* RECORDS FOR THIS EXERCISE *

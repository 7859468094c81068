-- ===== src/Documents/Generate.antt =====
-- document/EncryptedDocumentBuilder_generateEncryptionKey.c
pub mod Complete
use v_j_bc.Base.{
  ℕ, Bool, Option, none, some, List, [], ◌∷◌, Bytes, length, leb, take, drop, ◌&&◌, new_array,
}
use v_j_bc.Jni.{
  illegal_state, null_pointer, Resource, key_buffer, prng_context, key_array_data, World, Body,
  ◌>>=◌, ◌>>◌, pure, attempt, acquire, in_bounds, release, set_retval, verify_initialized, Finish,
  run,
}
use v_j_bc.Suite.{Suite}

pub data Label : Type 0 where
  dispose_prng dispose_random_key return_null : Label

abbrev pub label_line : Label → ℕ
label_line dispose_prng = 0
label_line dispose_random_key = 1
label_line return_null = 2

-- A jump runs the cleanup statements from its label to the end; `return NULL` runs none.
abbrev pub cleanup : Label → List Resource
cleanup l = drop (label_line l) (prng_context ∷ key_buffer ∷ [])

module _ (suite : Suite) where
  open suite use {calls, random}

  -- A random key in its buffer.
  pub draw_key : Body Label (Option Bytes) Bytes
  draw_key = do
    acquire calls key_buffer (λ _. tt) illegal_state "bad vccrypt buffer." return_null
    acquire calls prng_context (λ _. tt) illegal_state "bad vccrypt prng." dispose_random_key
    attempt calls (λ n. random n 32) illegal_state "bad vccrypt prng read." dispose_prng

  -- The byte array with the key.
  pub return_key : Bytes → Body Label (Option Bytes) Bytes
  return_key random_key = do
    attempt calls (λ _. tt) null_pointer "bad keyArray alloc." dispose_prng
    acquire calls key_array_data (λ _. tt) null_pointer "keyArray data could not be dereferenced."
        dispose_prng
    in_bounds (leb 32 (length random_key))
    release key_array_data
    pure (take 32 random_key)

  pub generate_key_body : Option Bool → Body Label (Option Bytes) Bytes
  unfolding draw_key return_key
  generate_key_body inst = do
    verify_initialized inst return_null
    random_key ← draw_key
    return_key random_key

  -- `generateEncryptionKey` of `EncryptedDocumentBuilder`.
  pub generate_key : Option Bool → World (Option Bytes) → Finish (Option Bytes)
  unfolding generate_key_body run
  generate_key inst =
      run cleanup dispose_prng none (generate_key_body inst >>= λ key. set_retval (some key))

* PROBLEM DESCRIPTION *
For this task, write out exactly the lines of the entries above, starting at the line with "pub mod Complete" and ending at the line with "pub data Label : Type 0 where", both included, and no others.

* RESPONSE *
pub mod Complete
use v_j_bc.Base.{
  ℕ, Bool, Option, none, some, List, [], ◌∷◌, Bytes, length, leb, take, drop, ◌&&◌, new_array,
}
use v_j_bc.Jni.{
  illegal_state, null_pointer, Resource, key_buffer, prng_context, key_array_data, World, Body,
  ◌>>=◌, ◌>>◌, pure, attempt, acquire, in_bounds, release, set_retval, verify_initialized, Finish,
  run,
}
use v_j_bc.Suite.{Suite}

pub data Label : Type 0 where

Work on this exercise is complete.